A bus was donated to the church for Fincher to use in the homeless project. After years of ministering to the poor, she was told the church wanted to do other things and sold the bus.
Fincher said, perhaps, it was God’s way of telling her she should put her efforts in another direction.
But, one of her customers at her hair salon found an advertisement in the paper for a bus for sale for $1,500. The lady gave her $1,500 cash. She bought the bus.
Her husband said if she would change churches, he would attend services with her. The couple now attends Church of God in Belleville.
Fincher ran the Madador Salon in New Boston for 22 years until the building she was renting was slated to be torn down. She came to Belleville and opened Bladez.

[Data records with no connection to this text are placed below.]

-- ===== src/Net/Gc.antt =====
-- src/net/service/connection_gc.cpp.
pub mod Sweep
use hyperion_server.Common.{ℕ, ◌+◌, Bool, Option, List, [], ◌∷◌, if◌then◌else◌}
use hyperion_server.Common.Exec.{Exec, modify, may_throw, system_error, ◌>>=◌, ◌>>◌}
use hyperion_server.Media.Save.{Answers}
use hyperion_server.Net.Props.{ErrorCode}
use hyperion_server.Net.Connection.{Connection, can_destruct}
use hyperion_server.Net.Data.{World, Service}

-- The loop of `Sweep`: an entry is erased, or the iterator moves on.
unfoldable pub sweep : List Connection → List Connection
unfolding can_destruct
sweep [] = []
sweep (conn ∷ connections) =
    let rest = sweep connections in if can_destruct conn then rest else conn ∷ rest

unfoldable pub setup_sweep_timer : Answers → Service
setup_sweep_timer answers = do
  may_throw answers.expires_throws system_error
  modify (λ w. record w { gc_waits = w.gc_waits + 1 })

-- The handler of the timer; an error is only logged.
unfoldable pub sweep_due : Answers → Option ErrorCode → Service
sweep_due answers error = do
  modify (λ w. record w { connections = sweep w.connections })
  setup_sweep_timer answers

unfoldable pub start : Answers → Service
start answers = setup_sweep_timer answers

She said she doesn’t go around bothering people for donations and leaves it in the hands of God.
People bring her clothes and food for the homeless, which she collects in a room in the back of Bladez. Volunteers help her sort the items.

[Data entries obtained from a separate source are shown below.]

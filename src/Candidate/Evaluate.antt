-- ===== src/Candidate/Evaluate.antt =====
-- evaluate: the candidate that one release of an Entry makes. `to_lower` stands for the table of
-- unicode.ToLower and `identity` for release.AcquisitionIdentity, which parses URLs.
pub mod Verdict
use aninode.Prelude.{
  ℕ, Bool, true, false, not, ◌&&◌, ◌||◌, if◌then◌else◌, Text, text_eq, ℤ, pos, leb_ℤ, ltb_ℤ, eqb_ℤ,
  List, [], ◌∷◌, Option, none, some,
}
use aninode.Episode.{Key}
use aninode.Release.{Release}
use aninode.ReleaseFilter.{reject_reason, is_empty}
use aninode.Catalog.{Entry, Evidence, Target, project}
use aninode.Candidate.{
  Candidate, Identity, no_key, no_candidate, media_movie, selected, filtered, invalid, empty,
  filtered_by, no_episode_identity, unmapped_season, crosses_season, no_acquisition_identity,
}

-- c.Decision, c.Reason = DecisionInvalid, …
abbrev pub refuse : Candidate → aninode.Candidate.Reason → Candidate
refuse c why = record c { decision = invalid; reason = why }

-- end
abbrev pub last_episode : Release → ℤ
last_episode r =
    if ltb_ℤ r.components.episode_end r.components.episode_start
    then r.components.episode_start
    else r.components.episode_end

-- The test on the targets of the first and the last episode.
unfoldable pub crosses : Target → Target → Bool
crosses p q =
    leb_ℤ q.episode (pos 0)
    || not (eqb_ℤ q.season p.season)
    || (not (is_empty p.folder) && not (is_empty q.folder) && not (text_eq p.folder q.folder))

-- The assignments to the keys and to SourceFolder.
unfoldable pub with_keys : Entry → Release → Target → Target → Candidate → Candidate
with_keys w r p q c =
    let parsed = r.components.season in
    let source_season =
      if leb_ℤ parsed (pos 0) && not r.components.season_explicit then pos 1 else parsed in
    record c {
      source_episode = record {
        entry_key = w.key;
        season = source_season;
        episode_start = r.components.episode_start;
        episode_end = last_episode r;
        revision = r.components.version;
        special = eqb_ℤ source_season (pos 0);
      };
      episode = record {
        entry_key = w.key;
        season = p.season;
        episode_start = p.episode;
        episode_end = q.episode;
        revision = r.components.version;
        special = eqb_ℤ p.season (pos 0);
      };
      source_folder = if is_empty p.folder then q.folder else p.folder;
    }

-- The composite literal at the top. Its decision is set on every path.
unfoldable pub start_candidate : Entry → Text → Release → Candidate
start_candidate w source_id r = record no_candidate {
  media_type = w.media_type;
  entry_key = w.key;
  source_id = source_id;
  release = r;
}

module _ (to_lower : ℕ → ℕ) (identity : Release → Option Identity) where
  -- The end of the function.
  unfoldable pub finish : Candidate → Candidate
  finish c = elim (identity c.release) [
    | none ↦ refuse c no_acquisition_identity
    | some ident ↦ record c { acquisition = ident; decision = selected }
  ]

  -- From the projection of the last episode on.
  unfoldable pub evaluate_last : Entry → Release → List Evidence → Target → Candidate → Candidate
  evaluate_last w r evidence p c =
      elim (project w evidence r.components.season r.components.season_explicit (last_episode r)) [
        | none ↦ refuse c crosses_season
        | some q ↦ elim (crosses p q) [
          | true ↦ refuse c crosses_season
          | false ↦ finish (with_keys w r p q c)
        ]
      ]

  -- The branch for a series.
  unfoldable pub evaluate_series : Entry → Release → List Evidence → Candidate → Candidate
  evaluate_series w r evidence c = elim (leb_ℤ r.components.episode_start (pos 0)) [
    | true ↦ refuse c no_episode_identity
    | false ↦
        elim (project w evidence r.components.season r.components.season_explicit
          r.components.episode_start) [
            | none ↦ refuse c unmapped_season
            | some p ↦ elim (leb_ℤ p.episode (pos 0)) [
              | true ↦ refuse c unmapped_season
              | false ↦ evaluate_last w r evidence p c
            ]
          ]
  ]

  -- The branch for a movie.
  unfoldable pub evaluate_movie : Entry → Candidate → Candidate
  evaluate_movie w c = finish (record c {
    source_episode = record no_key { entry_key = w.key };
    episode = record no_key { entry_key = w.key };
  })

  -- evaluate
  unfoldable pub evaluate : Entry → Text → Release → List Evidence → Candidate
  evaluate w source_id r evidence =
      let c = start_candidate w source_id r in
      elim (reject_reason to_lower w.filters r.group r.resolution r.subtitle) [
        | some why ↦ record c { decision = filtered; reason = filtered_by why }
        | none ↦ elim (text_eq w.media_type media_movie) [
          | true ↦ evaluate_movie w c
          | false ↦ evaluate_series w r evidence c
        ]
      ]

Then, on the third Monday of every month, between 9:30 and 10 a.m., from 10 to 14 people get on the bus with her to go to the Cass Corridor to distribute the items and visit with the homeless.
She said some businesses won’t donate food because they fear liability, but a submarine shop Downriver gives her hundreds of free subs to distribute to the hungry.

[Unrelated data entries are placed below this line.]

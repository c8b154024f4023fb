-- ===== src/Candidate/Score.antt =====
-- continuityScore: how well a candidate continues what the managed files show. `to_lower` stands for the
-- table of unicode.ToLower and `technical` for medianame.TechnicalTraitsOf (regular expressions).
pub mod Weight
use aninode.Prelude.{
  ℕ, Bool, true, false, not, ◌&&◌, if◌then◌else◌, Text, text_eq, codes, ℤ, pos, negsuc, ◌+ℤ◌, List,
}
use aninode.MediaName.{reliable_episode_evidence}
use aninode.ReleaseFilter.{is_empty, trim_space, comparable, same}
use aninode.Catalog.{Evidence}
use aninode.Catalog.Stable.{Traits, stable_observed_group, stable_observed_group_any, stable_traits}
use aninode.Candidate.{Candidate}

-- medianame.TechnicalTraits
pub record TechnicalTraits : Type 0 where
  pub source : Text
  pub source_kind : Text
  pub video_codec : Text
  pub bit_depth : Text
  pub audio_codec : Text

-- The group that is stable in the season, or else in all seasons.
unfoldable pub continued_group : List Evidence → ℤ → Text × Bool
continued_group evidence season =
    let in_season = stable_observed_group evidence season in
    if in_season.1 then in_season else stable_observed_group_any evidence

-- The points of a resolution, whatever the traits are.
unfoldable pub resolution_points : Text → ℤ
resolution_points r =
    if text_eq r (codes "2160p")
    then pos 8
    else if text_eq r (codes "1080p")
    then pos 6
    else if text_eq r (codes "720p")
    then pos 4
    else if text_eq r (codes "480p")
    then pos 2
    else pos 0

unfoldable pub kind_points : Text → ℤ
kind_points k =
    if text_eq k (codes "web")
    then pos 12
    else if text_eq k (codes "disc")
    then pos 8
    else if text_eq k (codes "broadcast")
    then pos 4
    else pos 0

-- if b { score += n }
unfoldable pub points_if : Bool → ℕ → ℤ
points_if b n = if b then pos n else pos 0

module _ (to_lower : ℕ → ℕ) where
  -- The two switches on a trait: the points for the same value, for none, and for another.
  unfoldable pub switch_points : Text → Text → ℤ → ℤ → ℤ → ℤ
  switch_points trait value equal absent other =
      if is_empty trait
      then pos 0
      else if same to_lower trait value
      then equal
      else if is_empty (trim_space value)
      then absent
      else other

  -- The tests on a technical trait: the points for the same value, and for another.
  unfoldable pub trait_points : Text → Text → ℤ → ℤ → ℤ
  trait_points trait value equal other =
      if is_empty trait
      then pos 0
      else if same to_lower trait value
      then equal
      else if not (is_empty value)
      then other
      else pos 0

  -- The group of the candidate is the one that the managed files show.
  unfoldable pub continues_group : List Evidence → Candidate → Bool
  continues_group evidence c =
      let continued = continued_group evidence c.episode.season in
      continued.1 && same to_lower continued.0 c.release.group

  -- The points behind those for the group.
  unfoldable pub trait_score : (Text → TechnicalTraits) → List Evidence → Candidate → ℤ
  trait_score technical evidence c =
      let traits = stable_traits evidence c.episode.season in
      let tech = technical c.release.media_name in
      switch_points traits.resolution.value c.release.resolution (pos 160) (negsuc 24) (negsuc 39)
      +ℤ resolution_points (comparable to_lower c.release.resolution)
      +ℤ switch_points traits.subtitle.value c.release.subtitle (pos 70) (negsuc 9) (negsuc 19)
      +ℤ trait_points traits.source_kind.value tech.source_kind (pos 90) (pos 0)
      +ℤ trait_points traits.source.value tech.source (pos 35) (pos 0)
      +ℤ points_if (not (is_empty tech.source)) 10
      +ℤ kind_points tech.source_kind
      +ℤ trait_points traits.video_codec.value tech.video_codec (pos 45) (negsuc 9)
      +ℤ points_if (not (is_empty tech.video_codec)) 5
      +ℤ trait_points traits.bit_depth.value tech.bit_depth (pos 25) (negsuc 4)
      +ℤ trait_points traits.audio_codec.value tech.audio_codec (pos 15) (negsuc 2)
      +ℤ points_if (reliable_episode_evidence c.release.components) 10

  -- continuityScore
  unfoldable pub continuity_score : (Text → TechnicalTraits) → List Evidence → Candidate → ℤ
  continuity_score technical evidence c =
      points_if (continues_group evidence c) 1000 +ℤ trait_score technical evidence c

“I walk the streets,” she said, explaining she used to go into the shelters, but they didn’t want her mentioning God and had other rules.
“The Lord told me: ‘Stay on the street,’” she said.
She said the people on the street know her and they all hold hands in a circle and each one tells why they are grateful. Many are familiar faces, but there are always new people, she said.
Fincher said she used to take students from Romulus High School, who went as volunteers to do community service.
She said the Belleville Church of God always pays half of the bus insurance for her, which is due in February. She said Pastor Fred Weaver is very supportive.
Fincher said she plans to put part of the money donated by Jon aside to save for the insurance and the rest to buy socks, caps, and gloves for the homeless.
“You know in this extremely cold weather they could lose their toes,” Fincher said, adding she brings them blankets.
Fincher has no organization, but does her work as an individual, with the help of volunteers, her church, and, of course, God, who sends her what is needed.
And, when she looks at a homeless man in her old neighborhood struggling with alcohol addiction, she sees her father who she couldn’t help as a teenager — and helps the man she can.
Donations of blankets and coats and other warm clothing can be dropped off at Bladez, 601 E. Huron River Dr., Belleville, or call 697-5600 for information on what is needed most.
Editor’s Note: Cass Corridor in Detroit is the area between I-75 at the south and Wayne State University at the north, with Cass Avenue being the main thoroughfare. Cass is west of and parallel to Woodward Avenue.